Modern transport systems face growing challenges due to urbanization, increasing mobility demands, and sustainability concerns. Intelligent multi-modal transport, combining road, rail, cycling, and walking, enhances mobility but struggles with congestion, security risks, lack of infrastructure support and adaptability. The RE-ROUTE project explores potential solutions using AI, edge computing, and decentralized decision-making to improve transport resilience, security, and efficiency.
Overall Objectives of the project includes:
Enhancing transport resilience by analyzing multi-source data to identify vulnerabilities and optimize safety, security, and accessibility.
Developing an adaptive multi-modal intelligent transport system architecture (M-ITS) with real-time optimization to minimize service disruptions.
Creating a secure, edge-based data-sharing platform for decentralized, privacy-preserving transport data exchange.

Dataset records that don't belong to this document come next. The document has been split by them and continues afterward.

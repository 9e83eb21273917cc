-- ===== src/Limits/Quota/Bound.antt =====
-- What the daily counters hold while requests are recorded.
use ai_inference_gateway_pla.Base.{
  ℕ, ◌+◌, ◌≤◌, ◌<◌, ◌≡◌, ◌≢◌, refl, sym, ◌∙◌, Option, none, some, arith, ◌⊎◌, inl, inr, leb,
  Bool-cases,
}
use ai_inference_gateway_pla.Base.Int.{ℤ}
use ai_inference_gateway_pla.Limits.Cache.{Cache, CacheKey, requests, tokens, IsDead, seconds}
use ai_inference_gateway_pla.Limits.Counter.{
  incr_or_add, incr_or_add-dead, incr_or_add-live, incr_or_add-frame,
}
use ai_inference_gateway_pla.Limits.Quota.{
  day_of, seconds_until_next_utc_day, UserProfile, QuotaResult, allowed, sum_tokens, check_tokens,
  check_requests, check_profile, record_request, record_tokens, record_profile,
}
use ai_inference_gateway_pla.Limits.Quota.Day.{day_end, early-live}

-- A moment of the day before its last second.
abbrev pub IsEarly : ℕ → ℕ → Type 0
IsEarly day t = (day_of t ≡ day) × (t + seconds 1 ≤ day_end t)

module _ (cache : Cache) where
  open cache use {Store, lookup, get, set}

  -- In the day's early moments the counter reads `v`.
  unfoldable pub Reads : ℕ → CacheKey → ℕ → Store → Type 0
  Reads day key v s =
      ((v ≡ 0) × ((t : ℕ) → IsEarly day t → IsDead t (lookup s key)))
      ⊎ ((d : ℕ) × (lookup s key ≡ some (v, d)) × ((t : ℕ) → IsEarly day t → t < d))

  get-Reads :
      (day now v : ℕ) (key : CacheKey) (s : Store)
      → IsEarly day now
      → Reads day key v s
      → get key 0 now s ≡ v
  unfolding Reads
  get-Reads day now v key s early (inl (e, dead)) =
      rw e (cache.get_dead key 0 now s (dead now early))
  get-Reads day now v key s early (inr (d, e, live)) =
      cache.get_live key 0 now v d s e (live now early)

  incr-Reads :
      (day now v : ℕ) (key : CacheKey) (s : Store)
      → IsEarly day now
      → Reads day key v s
      → Reads day key (v + 1) (incr_or_add cache key (seconds_until_next_utc_day now) now s).1
  unfolding Reads
  incr-Reads day now v key s early (inl (e, dead)) =
      let ttl = seconds_until_next_utc_day now in
      let (_, stored) = incr_or_add-dead cache key ttl now s (dead now early) in
      rw e (inr (now + seconds ttl, stored, λ t h. early-live now t (h.0 ∙ sym early.0) h.1))
  incr-Reads day now v key s early (inr (d, e, live)) =
      let (_, stored) =
        incr_or_add-live cache key (seconds_until_next_utc_day now) now v d s e (live now early) in
      inr (d, stored, live)

  set-Reads :
      (day now v : ℕ) (key : CacheKey) (s : Store)
      → IsEarly day now
      → Reads day key v (set key v (seconds_until_next_utc_day now) now s)
  unfolding Reads
  set-Reads day now v key s early =
      let ttl = seconds_until_next_utc_day now in
      inr (
        now + seconds ttl,
        cache.set_self key v ttl now s,
        λ t h. early-live now t (h.0 ∙ sym early.0) h.1,
      )

  Reads-frame :
      (day v : ℕ) (key : CacheKey) (s s' : Store)
      → lookup s' key ≡ lookup s key
      → Reads day key v s
      → Reads day key v s'
  unfolding Reads
  Reads-frame day v key s s' e (inl (z, dead)) = inl (z, λ t h. rw e (dead t h))
  Reads-frame day v key s s' e (inr (d, f, live)) = inr (d, e ∙ f, live)

  -- A counter that is kept only under a limit.
  unfoldable pub Counts : ℕ → CacheKey → Option ℕ → ℕ → Store → Type 0
  Counts day key none v s = Unit
  Counts day key (some limit) v s = (v ≤ limit) × Reads day key v s

  Counts-frame :
      (day v : ℕ) (key : CacheKey) (limit : Option ℕ) (s s' : Store)
      → lookup s' key ≡ lookup s key
      → Counts day key limit v s
      → Counts day key limit v s'
  unfolding Counts
  Counts-frame day v key none s s' e h = tt
  Counts-frame day v key (some limit) s s' e (le, h) = (le, Reads-frame day v key s s' e h)

  apart : (user day : ℕ) → requests user day ≢ tokens user day
  apart user day e = cc

  apart' : (user day : ℕ) → tokens user day ≢ requests user day
  apart' user day e = cc

  check_requests-allowed :
      (user now : ℕ) (limit : Option ℕ) (s : Store) (rest : QuotaResult)
      → check_requests cache user limit now s rest ≡ allowed
      → (rest ≡ allowed) × ((l : ℕ) → limit ≡ some l → get (requests user (day_of now)) 0 now s < l)
  check_requests-allowed user now none s rest h = (h, λ l e. cc)
  check_requests-allowed user now (some limit) s rest h =
      elim (Bool-cases (leb limit (get (requests user (day_of now)) 0 now s))) [
        | inl e ↦ cc
        | inr e ↦ (ground arith, λ l q. ground arith)
      ]

  check_tokens-allowed :
      (user now : ℕ) (limit : Option ℕ) (estimate : ℤ × ℤ) (s : Store)
      → check_tokens cache user limit estimate now s ≡ allowed
      → (l : ℕ) → limit ≡ some l
      → get (tokens user (day_of now)) 0 now s + sum_tokens estimate ≤ l
  check_tokens-allowed user now none estimate s h l e = cc
  check_tokens-allowed user now (some limit) estimate s h l e = ground arith

  record_request-Counts :
      (user now c k : ℕ) (rl tl : Option ℕ) (s : Store)
      → IsEarly (day_of now) now
      → ((l : ℕ) → rl ≡ some l → get (requests user (day_of now)) 0 now s < l)
      → Counts (day_of now) (requests user (day_of now)) rl c s
      → Counts (day_of now) (tokens user (day_of now)) tl k s
      → Counts
          (day_of now)
          (requests user (day_of now))
          rl
          (c + 1)
          (record_request cache user rl now s)
        × Counts (day_of now) (tokens user (day_of now)) tl k (record_request cache user rl now s)
  unfolding Counts
  record_request-Counts user now c k none tl s early room hr ht = (tt, ht)
  record_request-Counts user now c k (some l) tl s early room (le, hr) ht =
      let key = requests user (day_of now) in
      let under : get key 0 now s < l = room l refl in
      (
        (
          omega (arith, (get-Reads (day_of now) now c key s early hr)),
          incr-Reads (day_of now) now c key s early hr,
        ),
        Counts-frame (day_of now) k (tokens user (day_of now)) tl s _
            (incr_or_add-frame cache key (tokens user (day_of now)) (seconds_until_next_utc_day now)
              now s (apart user (day_of now)))
            ht,
      )

  record_tokens-Counts :
      (user now c k : ℕ) (rl tl : Option ℕ) (used : ℤ × ℤ) (s : Store)
      → IsEarly (day_of now) now
      → ((l : ℕ) → tl ≡ some l → k + sum_tokens used ≤ l)
      → Counts (day_of now) (requests user (day_of now)) rl c s
      → Counts (day_of now) (tokens user (day_of now)) tl k s
      → Counts
          (day_of now)
          (requests user (day_of now))
          rl
          c
          (record_tokens cache user tl used now s)
        × Counts
            (day_of now)
            (tokens user (day_of now))
            tl
            (k + sum_tokens used)
            (record_tokens cache user tl used now s)
  unfolding Counts
  record_tokens-Counts user now c k rl none used s early room hr ht = (hr, tt)
  record_tokens-Counts user now c k rl (some l) used s early room hr (le, ht) =
      let key = tokens user (day_of now) in
      rw (record_tokens, get-Reads (day_of now) now k key s early ht)
        (
          Counts-frame (day_of now) c (requests user (day_of now)) rl s _
              (cache.set_frame key (requests user (day_of now)) (k + sum_tokens used)
                (seconds_until_next_utc_day now) now s (apart' user (day_of now)))
              hr,
          (room l refl, set-Reads (day_of now) now (k + sum_tokens used) key s early),
        )

  space_left :
      (user now k add : ℕ) (tl : Option ℕ) (s : Store)
      → IsEarly (day_of now) now
      → Counts (day_of now) (tokens user (day_of now)) tl k s
      → ((l : ℕ) → tl ≡ some l → get (tokens user (day_of now)) 0 now s + add ≤ l)
      → (l : ℕ) → tl ≡ some l
      → k + add ≤ l
  unfolding Counts
  space_left user now k add none s early ht space l e = cc
  space_left user now k add (some m) s early (le, ht) space l e =
      let under = space l e in
      omega (arith, (get-Reads (day_of now) now k (tokens user (day_of now)) s early ht))

  -- The requests and tokens recorded so far, as the counters have them.
  unfoldable pub Tallies : ℕ → ℕ → Option UserProfile → ℕ × ℕ → Store → Type 0
  Tallies user day none _ s = Unit
  Tallies user day (some p) n s =
      Counts day (requests user day) p.daily_request_limit n.0 s
      × Counts day (tokens user day) p.daily_token_limit n.1 s

  pub record_profile-Tallies :
      (user now : ℕ) (p : Option UserProfile) (estimate used : ℤ × ℤ) (n : ℕ × ℕ) (s : Store)
      → IsEarly (day_of now) now
      → sum_tokens used ≤ sum_tokens estimate
      → check_profile cache user p estimate now s ≡ allowed
      → Tallies user (day_of now) p n s
      → Tallies user
          (day_of now)
          p
          (n.0 + 1, n.1 + sum_tokens used)
          (record_profile cache user p used now s)
  unfolding Tallies
  record_profile-Tallies user now none estimate used n s early below h t = tt
  record_profile-Tallies user now (some p) estimate used n s early below h (hr, ht) =
      let (h', room) = check_requests-allowed user now p.daily_request_limit s _ h in
      let space = check_tokens-allowed user now p.daily_token_limit estimate s h' in
      let (hr', ht') =
        record_request-Counts user now n.0 n.1 p.daily_request_limit p.daily_token_limit s early
          room hr ht in
      record_tokens-Counts user now (n.0 + 1) n.1 p.daily_request_limit p.daily_token_limit used _
        early
        (λ l e.
          let fits =
            space_left user now n.1 (sum_tokens estimate) p.daily_token_limit s early ht space l
              e in
          omega arith)
        hr' ht'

Implementing a federated, decentralized decision-making model for real-time learning and network-edge adaptability.
Validating project outcomes through real-world case studies to provide data-driven policy recommendations.
RE-ROUTE will make the following impacts:
Scientific impact: Advancing AI-driven transport resilience, federated learning, and cybersecurity with research published in leading journals.
Technological impact: Developing secure, intelligent transport networks with interoperable, real-time decision-making.
Economic impact: Reducing congestion, infrastructure costs, and operational inefficiencies and improving policymaker decision-making.
Societal impact: Enhancing accessibility, sustainability, and digital security, ensuring public trust in transport networks.
To achieve its objectives, RE-ROUTE takes an interdisciplinary approach, integrating computer science, engineering, social sciences, cybersecurity, and economics to create practical, inclusive, and secure transport solutions. User behavior analysis, cybersecurity frameworks, and economic models support efficient, sustainable, and policy-driven mobility planning.